_DATASET ENTRIES_:

>>>>>

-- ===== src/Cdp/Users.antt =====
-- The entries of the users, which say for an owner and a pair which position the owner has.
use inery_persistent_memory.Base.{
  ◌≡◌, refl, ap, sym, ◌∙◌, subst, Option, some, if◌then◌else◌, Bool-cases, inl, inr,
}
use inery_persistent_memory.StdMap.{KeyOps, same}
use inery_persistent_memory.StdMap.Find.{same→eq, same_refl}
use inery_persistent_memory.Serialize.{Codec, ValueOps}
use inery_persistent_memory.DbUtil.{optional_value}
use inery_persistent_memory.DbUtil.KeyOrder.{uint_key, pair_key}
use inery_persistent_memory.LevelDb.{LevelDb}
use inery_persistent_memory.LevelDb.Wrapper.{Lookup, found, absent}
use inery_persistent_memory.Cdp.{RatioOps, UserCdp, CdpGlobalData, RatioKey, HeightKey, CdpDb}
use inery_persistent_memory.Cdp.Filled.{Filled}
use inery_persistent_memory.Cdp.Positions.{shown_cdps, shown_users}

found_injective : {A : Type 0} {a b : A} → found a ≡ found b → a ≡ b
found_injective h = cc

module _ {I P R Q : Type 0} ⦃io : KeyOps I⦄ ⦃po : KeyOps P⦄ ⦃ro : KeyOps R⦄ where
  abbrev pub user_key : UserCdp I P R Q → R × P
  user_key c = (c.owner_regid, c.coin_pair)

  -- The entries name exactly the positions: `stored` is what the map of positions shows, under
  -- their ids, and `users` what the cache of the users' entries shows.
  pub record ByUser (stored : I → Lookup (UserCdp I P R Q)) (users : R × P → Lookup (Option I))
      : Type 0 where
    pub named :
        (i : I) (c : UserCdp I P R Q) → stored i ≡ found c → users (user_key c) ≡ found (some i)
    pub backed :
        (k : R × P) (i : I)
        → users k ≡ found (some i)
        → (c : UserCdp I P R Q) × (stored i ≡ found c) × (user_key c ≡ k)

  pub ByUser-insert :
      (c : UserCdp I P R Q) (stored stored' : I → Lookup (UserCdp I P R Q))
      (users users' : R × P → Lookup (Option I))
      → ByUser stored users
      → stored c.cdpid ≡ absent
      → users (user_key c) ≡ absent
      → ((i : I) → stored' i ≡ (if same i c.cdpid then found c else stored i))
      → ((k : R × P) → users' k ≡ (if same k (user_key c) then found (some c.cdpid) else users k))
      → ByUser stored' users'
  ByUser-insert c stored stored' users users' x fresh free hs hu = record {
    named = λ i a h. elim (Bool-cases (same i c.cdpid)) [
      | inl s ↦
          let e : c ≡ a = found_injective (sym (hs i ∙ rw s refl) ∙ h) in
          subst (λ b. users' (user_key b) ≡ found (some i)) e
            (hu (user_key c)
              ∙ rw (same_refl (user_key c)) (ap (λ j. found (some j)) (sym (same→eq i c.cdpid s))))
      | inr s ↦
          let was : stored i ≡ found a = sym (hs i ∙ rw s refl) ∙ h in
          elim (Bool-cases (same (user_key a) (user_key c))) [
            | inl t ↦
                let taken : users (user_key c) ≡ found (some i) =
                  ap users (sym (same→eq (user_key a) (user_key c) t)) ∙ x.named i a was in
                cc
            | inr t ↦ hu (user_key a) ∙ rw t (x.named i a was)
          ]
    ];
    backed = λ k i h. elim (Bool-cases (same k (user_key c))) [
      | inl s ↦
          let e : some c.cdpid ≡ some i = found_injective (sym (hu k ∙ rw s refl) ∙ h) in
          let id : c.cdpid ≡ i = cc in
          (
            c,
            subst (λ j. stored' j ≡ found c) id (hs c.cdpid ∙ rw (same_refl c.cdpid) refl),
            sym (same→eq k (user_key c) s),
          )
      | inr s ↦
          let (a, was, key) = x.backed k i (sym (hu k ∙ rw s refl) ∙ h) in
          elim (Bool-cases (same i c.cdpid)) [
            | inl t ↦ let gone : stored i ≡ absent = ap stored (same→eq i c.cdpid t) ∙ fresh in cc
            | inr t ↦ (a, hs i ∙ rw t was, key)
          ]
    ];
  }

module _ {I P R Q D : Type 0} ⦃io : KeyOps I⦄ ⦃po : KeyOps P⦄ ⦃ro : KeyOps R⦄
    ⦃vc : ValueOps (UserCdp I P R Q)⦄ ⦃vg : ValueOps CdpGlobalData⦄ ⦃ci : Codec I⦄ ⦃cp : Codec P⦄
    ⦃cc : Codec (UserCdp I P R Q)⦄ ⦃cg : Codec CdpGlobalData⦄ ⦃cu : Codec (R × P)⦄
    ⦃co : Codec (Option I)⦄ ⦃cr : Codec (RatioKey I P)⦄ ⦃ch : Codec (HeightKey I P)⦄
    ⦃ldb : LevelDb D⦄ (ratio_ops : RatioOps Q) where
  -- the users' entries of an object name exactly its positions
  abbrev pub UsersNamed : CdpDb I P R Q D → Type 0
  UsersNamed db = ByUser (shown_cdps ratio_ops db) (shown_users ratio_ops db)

<<<<<

_EXERCISE_:
When transcribing the data, keep every line exactly as it is.

_OUTPUT OF THE EXERCISE_:
-- ===== src/Cdp/Users.antt =====
-- The entries of the users, which say for an owner and a pair which position the owner has.
use inery_persistent_memory.Base.{
  ◌≡◌, refl, ap, sym, ◌∙◌, subst, Option, some, if◌then◌else◌, Bool-cases, inl, inr,
}
use inery_persistent_memory.StdMap.{KeyOps, same}
use inery_persistent_memory.StdMap.Find.{same→eq, same_refl}
use inery_persistent_memory.Serialize.{Codec, ValueOps}
use inery_persistent_memory.DbUtil.{optional_value}
use inery_persistent_memory.DbUtil.KeyOrder.{uint_key, pair_key}
use inery_persistent_memory.LevelDb.{LevelDb}
use inery_persistent_memory.LevelDb.Wrapper.{Lookup, found, absent}
use inery_persistent_memory.Cdp.{RatioOps, UserCdp, CdpGlobalData, RatioKey, HeightKey, CdpDb}
use inery_persistent_memory.Cdp.Filled.{Filled}
use inery_persistent_memory.Cdp.Positions.{shown_cdps, shown_users}

found_injective : {A : Type 0} {a b : A} → found a ≡ found b → a ≡ b
found_injective h = cc

module _ {I P R Q : Type 0} ⦃io : KeyOps I⦄ ⦃po : KeyOps P⦄ ⦃ro : KeyOps R⦄ where
  abbrev pub user_key : UserCdp I P R Q → R × P
  user_key c = (c.owner_regid, c.coin_pair)

  -- The entries name exactly the positions: `stored` is what the map of positions shows, under
  -- their ids, and `users` what the cache of the users' entries shows.
  pub record ByUser (stored : I → Lookup (UserCdp I P R Q)) (users : R × P → Lookup (Option I))
      : Type 0 where
    pub named :
        (i : I) (c : UserCdp I P R Q) → stored i ≡ found c → users (user_key c) ≡ found (some i)
    pub backed :
        (k : R × P) (i : I)
        → users k ≡ found (some i)
        → (c : UserCdp I P R Q) × (stored i ≡ found c) × (user_key c ≡ k)

  pub ByUser-insert :
      (c : UserCdp I P R Q) (stored stored' : I → Lookup (UserCdp I P R Q))
      (users users' : R × P → Lookup (Option I))
      → ByUser stored users
      → stored c.cdpid ≡ absent
      → users (user_key c) ≡ absent
      → ((i : I) → stored' i ≡ (if same i c.cdpid then found c else stored i))
      → ((k : R × P) → users' k ≡ (if same k (user_key c) then found (some c.cdpid) else users k))
      → ByUser stored' users'
  ByUser-insert c stored stored' users users' x fresh free hs hu = record {
    named = λ i a h. elim (Bool-cases (same i c.cdpid)) [
      | inl s ↦
          let e : c ≡ a = found_injective (sym (hs i ∙ rw s refl) ∙ h) in
          subst (λ b. users' (user_key b) ≡ found (some i)) e
            (hu (user_key c)
              ∙ rw (same_refl (user_key c)) (ap (λ j. found (some j)) (sym (same→eq i c.cdpid s))))
      | inr s ↦
          let was : stored i ≡ found a = sym (hs i ∙ rw s refl) ∙ h in
          elim (Bool-cases (same (user_key a) (user_key c))) [
            | inl t ↦
                let taken : users (user_key c) ≡ found (some i) =
                  ap users (sym (same→eq (user_key a) (user_key c) t)) ∙ x.named i a was in
                cc
            | inr t ↦ hu (user_key a) ∙ rw t (x.named i a was)
          ]
    ];
    backed = λ k i h. elim (Bool-cases (same k (user_key c))) [
      | inl s ↦
          let e : some c.cdpid ≡ some i = found_injective (sym (hu k ∙ rw s refl) ∙ h) in
          let id : c.cdpid ≡ i = cc in
          (
            c,
            subst (λ j. stored' j ≡ found c) id (hs c.cdpid ∙ rw (same_refl c.cdpid) refl),
            sym (same→eq k (user_key c) s),
          )
      | inr s ↦
          let (a, was, key) = x.backed k i (sym (hu k ∙ rw s refl) ∙ h) in
          elim (Bool-cases (same i c.cdpid)) [
            | inl t ↦ let gone : stored i ≡ absent = ap stored (same→eq i c.cdpid t) ∙ fresh in cc
            | inr t ↦ (a, hs i ∙ rw t was, key)
          ]
    ];
  }

module _ {I P R Q D : Type 0} ⦃io : KeyOps I⦄ ⦃po : KeyOps P⦄ ⦃ro : KeyOps R⦄
    ⦃vc : ValueOps (UserCdp I P R Q)⦄ ⦃vg : ValueOps CdpGlobalData⦄ ⦃ci : Codec I⦄ ⦃cp : Codec P⦄
    ⦃cc : Codec (UserCdp I P R Q)⦄ ⦃cg : Codec CdpGlobalData⦄ ⦃cu : Codec (R × P)⦄
    ⦃co : Codec (Option I)⦄ ⦃cr : Codec (RatioKey I P)⦄ ⦃ch : Codec (HeightKey I P)⦄
    ⦃ldb : LevelDb D⦄ (ratio_ops : RatioOps Q) where
  -- the users' entries of an object name exactly its positions
  abbrev pub UsersNamed : CdpDb I P R Q D → Type 0
  UsersNamed db = ByUser (shown_cdps ratio_ops db) (shown_users ratio_ops db)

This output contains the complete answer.